Вечером, когда в печке восхитительно потрескивали дрова и огонь ее, мягко отражаясь, прихотливо скользил по стене, мы, лежа в полутьме, так странно, так случайно попавшие в эту чудом уцелевшую комнату, на чужой кровати предавались размышлению – кто жил в этой комнате, кому принадлежала эта кровать, кто спал на ней, отдыхая после праведных трудов, и видел, может быть, сны, загадочные и тревожные…
Может быть, на ней зарождалась новая человеческая жизнь, человек испускал свои предсмертные вздохи перед уходом в вечность, может быть, все может быть!
Необычно и страшно было ночевать в этой одинокой комнате на пепелище разбитого дома: где-то близко за стеной ветер трепал бумагу отставших обоев, где-то сыпалась штукатурка и ночь была полна своих тревожных, ночных звуков. Мне было не по себе, и я долго не могла заснуть.
Две ночи провели мы в этой комнатке, давшей нам тепло и сон, а на третью ночь меня увезли с ящиками секретных бумаг на легковой машине полковника Панова. Офицерам штаба было приказано добираться до следующего пункта Красное Село – Гдов попутным транспортом. Остальной штабной груз был оставлен на попечение заболевшего А. С. со связным Мельниковым.
Так мы покинули в спешке Детское Село, не побывав в Ленинграде. Впрочем, единственным человеком, кому удалось упорхнуть из Детского Села в Ленинград, был Коган.
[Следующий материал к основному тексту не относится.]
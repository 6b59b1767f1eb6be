-- ===== src/BoxList.antt =====
-- The list of mailboxes, of utils/list.h and utils/list.c: nodes in memory linked by pointers. The
-- list's mutex is taken first and released last by each function, and is left out. Each loop takes
-- fuel, and a run that uses it up is told apart from a fault.
pub mod Counters
pub mod Changing
pub mod Sorting
pub mod Chains
pub mod Lookup
pub mod Adding
pub mod Removing
pub mod Ending
pub mod Allocated
pub mod Finding
mod Tests
use projeto_so.Base.{
  ℕ, zero, suc, ◌+◌, ◌-◌, ◌%◌, ◌^◌, Bool, true, false, ◌&&◌, not, Option, none, some, List, [], ◌∷◌,
  ◌++◌, codes, ltb, ◌==◌, if◌then◌else◌, ℤ, pos, negsuc,
}

-- `tfs_file`, without its condition variable and lock. A name is its bytes before the NUL.
pub record TfsFile : Type 0 where
  pub box_name : List ℕ
  pub n_publishers : ℕ
  pub n_subscribers : ℕ
  pub box_size : ℕ

-- An address; 0 is NULL.
abbrev pub Ptr : Type 0
Ptr = ℕ

abbrev pub null : Ptr
null = 0

pub record ListNode : Type 0 where
  pub file : TfsFile
  pub next : Ptr

-- The nodes that are allocated.
abbrev pub Nodes : Type 0
Nodes = Ptr → Option ListNode

-- `List`. `size` is an `int`.
pub record BoxList : Type 0 where
  pub head : Ptr
  pub tail : Ptr
  pub size : ℤ

-- A fault is an access through NULL or to a node that is not allocated.
pub data Run {ℓ} (A : Type ℓ) : Type ℓ where
  done : A → Nodes → Run A
  fault : Run A
  out_of_fuel : Run A

abbrev pub M : Type 0 → Type 0
M A = Nodes → Run A

abbrev pub pure : {A : Type 0} → A → M A
pure a m = done a m

abbrev pub then_run : {A B : Type 0} → Run A → (A → M B) → Run B
then_run (done a m) f = f a m
then_run fault f = fault
then_run out_of_fuel f = out_of_fuel

infixl 5 ◌>>=◌ ◌>>◌
abbrev pub ◌>>=◌ : {A B : Type 0} → M A → (A → M B) → M B
◌>>=◌ x f m = then_run (x m) f

abbrev pub ◌>>◌ : {B : Type 0} → M (Unit {0}) → M B → M B
x >> y = x >>= λ _. y

-- `*node`
unfoldable pub load : Ptr → M ListNode
load p m = if p == null then fault else elim (m p) [ none ↦ fault | some n ↦ done n m ]

-- The memory with something else at `p`.
unfoldable pub put : Nodes → Ptr → Option ListNode → Nodes
put m p c q = if p == q then c else m q

-- `*node = n`, for a node that is allocated.
unfoldable pub save : Ptr → ListNode → M (Unit {0})
save p n = load p >>= λ _ m. done tt (put m p (some n))

unfoldable pub set_next : Ptr → Ptr → M (Unit {0})
set_next p q = do n ← load p; save p (record n { next = q })

unfoldable pub free : Ptr → M (Unit {0})
free p m = if p == null then done tt m else then_run (load p m) λ _ m'. done tt (put m' p none)

-- `node = malloc(...); node->file = file; node->next = NULL;`, where `malloc` returns `fresh`.
unfoldable pub new_node : Ptr → TfsFile → M (Unit {0})
new_node fresh file m =
    if fresh == null
    then fault
    else done tt (put m fresh (some (record { file = file; next = null })))

-- `strcmp(s, t) == 0`, and `strcmp(s, t) > 0`.
unfoldable pub same_name : List ℕ → List ℕ → Bool
same_name [] [] = true
same_name [] (d ∷ t) = false
same_name (c ∷ s) [] = false
same_name (c ∷ s) (d ∷ t) = c == d && same_name s t

unfoldable pub name_after : List ℕ → List ℕ → Bool
name_after [] t = false
name_after (c ∷ s) [] = true
name_after (c ∷ s) (d ∷ t) = let rest = name_after s t in if c == d then rest else ltb d c

-- `n + 1` and `n - 1` on an `int`, without overflow.
abbrev pub int_suc : ℤ → ℤ
int_suc (pos n) = pos (n + 1)
int_suc (negsuc zero) = pos 0
int_suc (negsuc (suc n)) = negsuc n

abbrev pub int_pred : ℤ → ℤ
int_pred (pos zero) = negsuc 0
int_pred (pos (suc n)) = pos n
int_pred (negsuc n) = negsuc (n + 1)

-- `size` is not set.
unfoldable pub list_init : BoxList → BoxList
list_init l = record l { head = null; tail = null }

unfoldable pub list_add : Ptr → TfsFile → BoxList → M BoxList
list_add fresh file l = do
  new_node fresh file
  if l.head == null
      then pure (record { head = fresh; tail = fresh; size = int_suc l.size })
      else (do
        set_next l.tail fresh
        pure (record { head = l.head; tail = fresh; size = int_suc l.size }))

-- The tail is left as it is.
unfoldable pub list_remove : Ptr → Ptr → BoxList → M BoxList
list_remove prev node l = if node == null then pure l else do
  n ← load node
  if prev == null
      then (do free node; pure (record { head = n.next; tail = l.tail; size = int_pred l.size }))
      else (do
        set_next prev n.next
        free node
        pure (record { head = l.head; tail = l.tail; size = int_pred l.size }))

unfoldable pub destroy_from : ℕ → Ptr → M (Unit {0})
destroy_from zero p = λ m. out_of_fuel
destroy_from (suc k) p = if p == null then pure tt else do n ← load p; free p; destroy_from k n.next

unfoldable pub list_destroy : ℕ → BoxList → M (Unit {0})
list_destroy fuel l = destroy_from fuel l.head

-- `fprintf` with "%s %zu %zu %zu\n"; `decimal` is what `%zu` prints.
unfoldable pub print_line : (ℕ → List ℕ) → TfsFile → List ℕ
print_line decimal file =
    file.box_name
    ++ codes " "
    ++ decimal file.box_size
    ++ codes " "
    ++ decimal file.n_publishers
    ++ codes " "
    ++ decimal file.n_subscribers
    ++ codes "\n"

-- The lines that are printed, in order.
unfoldable pub print_from : (ℕ → List ℕ) → ℕ → Ptr → M (List (List ℕ))
print_from decimal zero p = λ m. out_of_fuel
print_from decimal (suc k) p =
    if p == null
    then pure []
    else do n ← load p; rest ← print_from decimal k n.next; pure (print_line decimal n.file ∷ rest)

unfoldable pub list_print : (ℕ → List ℕ) → ℕ → BoxList → M (List (List ℕ))
list_print decimal fuel l = print_from decimal fuel l.head

-- The node with the name from `p` on, or NULL.
unfoldable pub search_from : List ℕ → ℕ → Ptr → M Ptr
search_from name zero p = λ m. out_of_fuel
search_from name (suc k) p =
    if p == null
    then pure null
    else do n ← load p; if same_name n.file.box_name name then pure p else search_from name k n.next

unfoldable pub search_node : ℕ → BoxList → List ℕ → M Ptr
search_node fuel l name = search_from name fuel l.head

-- The loop `while (node->next != NULL)`.
unfoldable pub search_prev_from : List ℕ → ℕ → Ptr → M Ptr
search_prev_from name zero p = λ m. out_of_fuel
search_prev_from name (suc k) p = do
  n ← load p
  if n.next == null then pure null else do
    next ← load n.next
    if same_name next.file.box_name name then pure p else search_prev_from name k n.next

-- The head is read without a test for NULL.
unfoldable pub search_prev_node : ℕ → BoxList → List ℕ → M Ptr
search_prev_node fuel l name = do
  n ← load l.head
  if same_name n.file.box_name name then pure null else search_prev_from name fuel l.head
Начались великие мытарства по местам, где человеческое жилье было уничтожено войной. Признаками бывшего жилья были одиноко торчащие трубы и груды развалин, жители уничтожены или угнаны врагом.
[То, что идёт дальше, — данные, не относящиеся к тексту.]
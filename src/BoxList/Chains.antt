-- ===== src/BoxList/Chains.antt =====
-- A list in memory: the nodes that its pointers lead through, and reading and changing one node.
use projeto_so.Base.{ℕ, ◌≡◌, ◌≢◌, ◌==◌, refl, ◌∙◌, true, false, some, Option, List, [], ◌∷◌, arith}
use projeto_so.BoxList.{
  TfsFile, Ptr, null, ListNode, Nodes, Run, M, put, load, save, done, fault, out_of_fuel, then_run,
}

-- The addresses and files of the nodes, in order.
abbrev pub Cells : Type 0
Cells = List (Ptr × TfsFile)

-- From `p` the `next` pointers lead through the cells to NULL.
abbrev pub Chain : Nodes → Ptr → Cells → Type 0
Chain m p [] = p ≡ null
Chain m p ((a, f) ∷ cells) =
    (n : Ptr) × (p ≡ a)
    × (a ≢ null)
    × (m a ≡ some (record { file = f; next = n }))
    × Chain m n cells

-- No cell has the address.
abbrev pub Fresh : Ptr → Cells → Type 0
Fresh a [] = Unit {0}
Fresh a ((b, f) ∷ cells) = (a ≢ b) × Fresh a cells

-- The cells have different addresses.
abbrev pub Apart : Cells → Type 0
Apart [] = Unit {0}
Apart ((a, f) ∷ cells) = Fresh a cells × Apart cells

-- The files of the nodes, in the order of the list.
abbrev pub files : Cells → List TfsFile
files [] = []
files ((a, f) ∷ cells) = f ∷ files cells

-- The run ends, with a value and a memory as stated.
abbrev pub Ends : {A : Type 0} → (A → Nodes → Type 0) → Run A → Type 0
Ends P (done a m) = P a m
Ends P fault = ⊥
Ends P out_of_fuel = ⊥

pub Ends-map :
    {A : Type 0} {P Q : A → Nodes → Type 0} (r : Run A)
    → Ends P r
    → ((a : A) (m : Nodes) → P a m → Q a m)
    → Ends Q r
Ends-map (done a m) e f = f a m e
Ends-map fault e f = elim e [ ]
Ends-map out_of_fuel e f = elim e [ ]

pub step :
    {A B : Type 0} {x : Run A} (f : A → M B) {m : Nodes} {a : A} {r : Run B}
    → x ≡ done a m
    → f a m ≡ r
    → then_run x f ≡ r
step f e g = rw e g

pub differ : (a b : ℕ) → a ≢ b → (a == b) ≡ false
differ a b ne = ground arith

pub same : (a : ℕ) → (a == a) ≡ true
same a = ground arith

pub load-done : (m : Nodes) (p : Ptr) {n : ListNode} → p ≢ null → m p ≡ some n → load p m ≡ done n m
unfolding load
load-done m p ne e = rw (differ p null ne, e) refl

pub put-same : (m : Nodes) (a : Ptr) (c : Option ListNode) → put m a c a ≡ c
unfolding put
put-same m a c = rw (same a) refl

pub put-other : (m : Nodes) (a b : Ptr) (c : Option ListNode) → a ≢ b → put m a c b ≡ m b
unfolding put
put-other m a b c ne = rw (differ a b ne) refl

pub save-done :
    (m : Nodes) (p : Ptr) {n : ListNode} (c : ListNode)
    → p ≢ null
    → m p ≡ some n
    → save p c m ≡ done tt (put m p (some c))
unfolding save
save-done m p c ne e = step _ (load-done m p ne e) refl

-- A change of a node outside a chain leaves the chain.
pub put-Chain :
    (m : Nodes) (a : Ptr) (c : Option ListNode) (p : Ptr) (cells : Cells)
    → Fresh a cells
    → Chain m p cells
    → Chain (put m a c) p cells
put-Chain m a c p [] away chain = chain
put-Chain m a c p ((b, f) ∷ cells) away (n, here, ne, holds, rest) =
    (n, here, ne, put-other m a b c away.0 ∙ holds, put-Chain m a c n cells away.1 rest)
То была страшная дорога войны. Вздыбленная земля, исковерканная и изрытая, говорила о страшных встречах, деревья, превращенные в мертвые стволы, лишенные ветвей, обгорелые и заполненные металлом, выглядели дико и непонятно. Это были трупы деревьев, а человеческие трупы лежали тут же, в придорожных канавах, кустах и прямо на дорогах.
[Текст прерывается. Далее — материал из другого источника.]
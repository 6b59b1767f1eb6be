-- ===== src/BoxList/Adding.antt =====
-- A well-formed list, and `list_add`.
use projeto_so.Base.{
  ◌≡◌, ◌≢◌, refl, sym, ap, ◌∙◌, some, none, [], ◌∷◌, ◌++◌, arith, length, length-append, pos,
}
use mathlib.Core.Path.{subst}
use projeto_so.BoxList.{
  TfsFile, Ptr, null, ListNode, Nodes, BoxList, done, put, set_next, new_node, list_add,
}
use projeto_so.BoxList.Chains.{
  Cells, Chain, Fresh, Apart, Ends, step, load-done, save-done, put-same, put-other, put-Chain,
  differ,
}

-- The last cell, if there is one, has the address.
abbrev pub EndsAt : Ptr → Cells → Type 0
EndsAt t [] = Unit {0}
EndsAt t ((a, f) ∷ []) = t ≡ a
EndsAt t (c ∷ d ∷ cells) = EndsAt t (d ∷ cells)

-- The list has the cells: its pointers lead through different nodes, the tail is the last, and the
-- size is their number.
pub record IsBoxList (m : Nodes) (l : BoxList) (cells : Cells) : Type 0 where
  pub chain : Chain m l.head cells
  pub apart : Apart cells
  pub tail_last : EndsAt l.tail cells
  pub count : l.size ≡ pos (length cells)

unallocated-Fresh :
    (m : Nodes) (a p : Ptr) (cells : Cells) → m a ≡ none → Chain m p cells → Fresh a cells
unallocated-Fresh m a p [] e chain = tt
unallocated-Fresh m a p ((b, f) ∷ cells) e (n, here, ne, holds, rest) =
    (λ same. absurd (none_some (sym e ∙ ap m same ∙ holds)), unallocated-Fresh m a n cells e rest)
  where
    none_some : {c : ListNode} → none ≢ some c
    none_some q = cc

append-Fresh :
    (b a : Ptr) (f : TfsFile) (cells : Cells)
    → b ≢ a
    → Fresh b cells
    → Fresh b (cells ++ (a, f) ∷ [])
append-Fresh b a f [] ne away = (ne, tt)
append-Fresh b a f (c ∷ cells) ne away = (away.0, append-Fresh b a f cells ne away.1)

append-Apart :
    (a : Ptr) (f : TfsFile) (cells : Cells)
    → Fresh a cells
    → Apart cells
    → Apart (cells ++ (a, f) ∷ [])
append-Apart a f [] away apart = (tt, tt)
append-Apart a f ((b, g) ∷ cells) away apart =
    (append-Fresh b a f cells (λ e. away.0 (sym e)) apart.0, append-Apart a f cells away.1 apart.1)

append-EndsAt : (a : Ptr) (f : TfsFile) (cells : Cells) → EndsAt a (cells ++ (a, f) ∷ [])
append-EndsAt a f [] = refl
append-EndsAt a f (c ∷ []) = refl
append-EndsAt a f (c ∷ d ∷ cells) = append-EndsAt a f (d ∷ cells)

last_differs :
    (a t : Ptr) (c : Ptr × TfsFile) (cells : Cells)
    → Fresh a (c ∷ cells)
    → EndsAt t (c ∷ cells)
    → t ≢ a
last_differs a t c [] away last = λ e. away.0 (sym e ∙ last)
last_differs a t c (d ∷ cells) away last = last_differs a t d cells away.1 last

-- The last node's pointer set to a node behind the list appends that node.
module _ (m : Nodes) (fresh : Ptr) (file : TfsFile) (ne : fresh ≢ null)
    (there : m fresh ≡ some (record { file = file; next = null })) where
  appended :
      (p t : Ptr) (c : Ptr × TfsFile) (cells : Cells)
      → Chain m p (c ∷ cells)
      → Apart (c ∷ cells)
      → Fresh fresh (c ∷ cells)
      → EndsAt t (c ∷ cells)
      → (n : ListNode) × (t ≢ null)
        × (m t ≡ some n)
        × Chain (put m t (some (record n { next = fresh }))) p ((c ∷ cells) ++ (fresh, file) ∷ [])
  appended p t (a, f) [] (n, here, some_a, holds, rest) apart away last = rw last (
    record { file = f; next = n },
    some_a,
    holds,
    (
      fresh,
      here,
      some_a,
      put-same m a _,
      (null, refl, ne, put-other m a fresh _ (λ e. away.0 (sym e)) ∙ there, refl),
    ),
  )
  appended p t (a, f) (d ∷ cells) (n, here, some_a, holds, rest) apart away last =
      let (node, t_ne, t_holds, chain) = appended n t d cells rest apart.1 away.1 last in
      (
        node,
        t_ne,
        t_holds,
        (n, here, some_a, put-other m t a _ (last_differs a t d cells apart.0 last) ∙ holds, chain),
      )

pub set_next-done :
    (m : Nodes) (p q : Ptr) {n : ListNode}
    → p ≢ null
    → m p ≡ some n
    → set_next p q m ≡ done tt (put m p (some (record n { next = q })))
unfolding set_next
set_next-done m p q ne e = step _ (load-done m p ne e) (save-done m p _ ne e)

module _ (m : Nodes) (fresh : Ptr) (file : TfsFile) (ne : fresh ≢ null)
    (unused : m fresh ≡ none) where
  with_node : Nodes
  with_node = put m fresh (some (record { file = file; next = null }))

  made : new_node fresh file m ≡ done tt with_node
  unfolding new_node with_node
  made = rw (differ fresh null ne) refl

  there : with_node fresh ≡ some (record { file = file; next = null })
  unfolding with_node
  there = put-same m fresh _

  kept : (p : Ptr) (cells : Cells) → Fresh fresh cells → Chain m p cells → Chain with_node p cells
  unfolding with_node
  kept p cells away chain = put-Chain m fresh _ p cells away chain

  added :
      (l : BoxList) (cells : Cells)
      → IsBoxList m l cells
      → Ends (λ l' m'. IsBoxList m' l' (cells ++ (fresh, file) ∷ [])) (list_add fresh file l m)
  unfolding list_add
  added l [] w =
      rw (made, w.chain)
        (record {
          chain = (null, refl, ne, there, refl);
          apart = (tt, tt);
          tail_last = refl;
          count = rw w.count refl;
        })
  added l ((a, f) ∷ cells) w =
      let away = unallocated-Fresh m fresh l.head ((a, f) ∷ cells) unused w.chain in
      let (node, t_ne, t_holds, chain) =
        appended with_node fresh file ne there l.head l.tail (a, f) cells
          (kept l.head ((a, f) ∷ cells) away w.chain) w.apart away w.tail_last in
      rw
        (
          made,
          differ l.head null (subst (λ p. p ≢ null) (sym w.chain.1) w.chain.2),
          set_next-done with_node l.tail fresh t_ne t_holds,
        )
        (record {
          chain = chain;
          apart = append-Apart fresh file ((a, f) ∷ cells) away w.apart;
          tail_last = append-EndsAt fresh file ((a, f) ∷ cells);
          count = rw (w.count, length-append cells ((fresh, file) ∷ [])) (ap pos (omega arith));
        })

-- `list_add` on a well-formed list (the pointers lead from the head through different nodes to
-- NULL, the tail is the last node if there is one, the size is their number), if `malloc` returns
-- an unused address, ends without an invalid access, and leaves a well-formed list with the file
-- in a new last node behind the nodes that were there.
pub list_add-IsBoxList :
    (fresh : Ptr) (file : TfsFile) (l : BoxList) (m : Nodes) (cells : Cells)
    → IsBoxList m l cells
    → fresh ≢ null
    → m fresh ≡ none
    → Ends (λ l' m'. IsBoxList m' l' (cells ++ (fresh, file) ∷ [])) (list_add fresh file l m)
list_add-IsBoxList fresh file l m cells w ne unused = added m fresh file ne unused l cells w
Многострадальная Псковщина, побитая и разметанная врагом, глядела страшными развалинами с одиноко торчащими трубами. Кое-где у развалин копошились жалкие людишки, возвратившиеся к своим пепелищам и пытавшиеся около них сколачивать что-то в роде сараев, землянок и начинать свою трудную жизнь снова.
Около Пскова неожиданно стали появляться уцелевшие деревни. Объясняли это тем, что якобы жители их подчинились пришедшим немцам, отчего их жилье и сохранилось полностью. Наше появление в таких случаях встречали смущенно, затем смущение и растерянность уступили место доносам, распрям и ссорам. В одной из таких деревень, совсем недалеко от Пскова, застряли мы, и довольно надолго.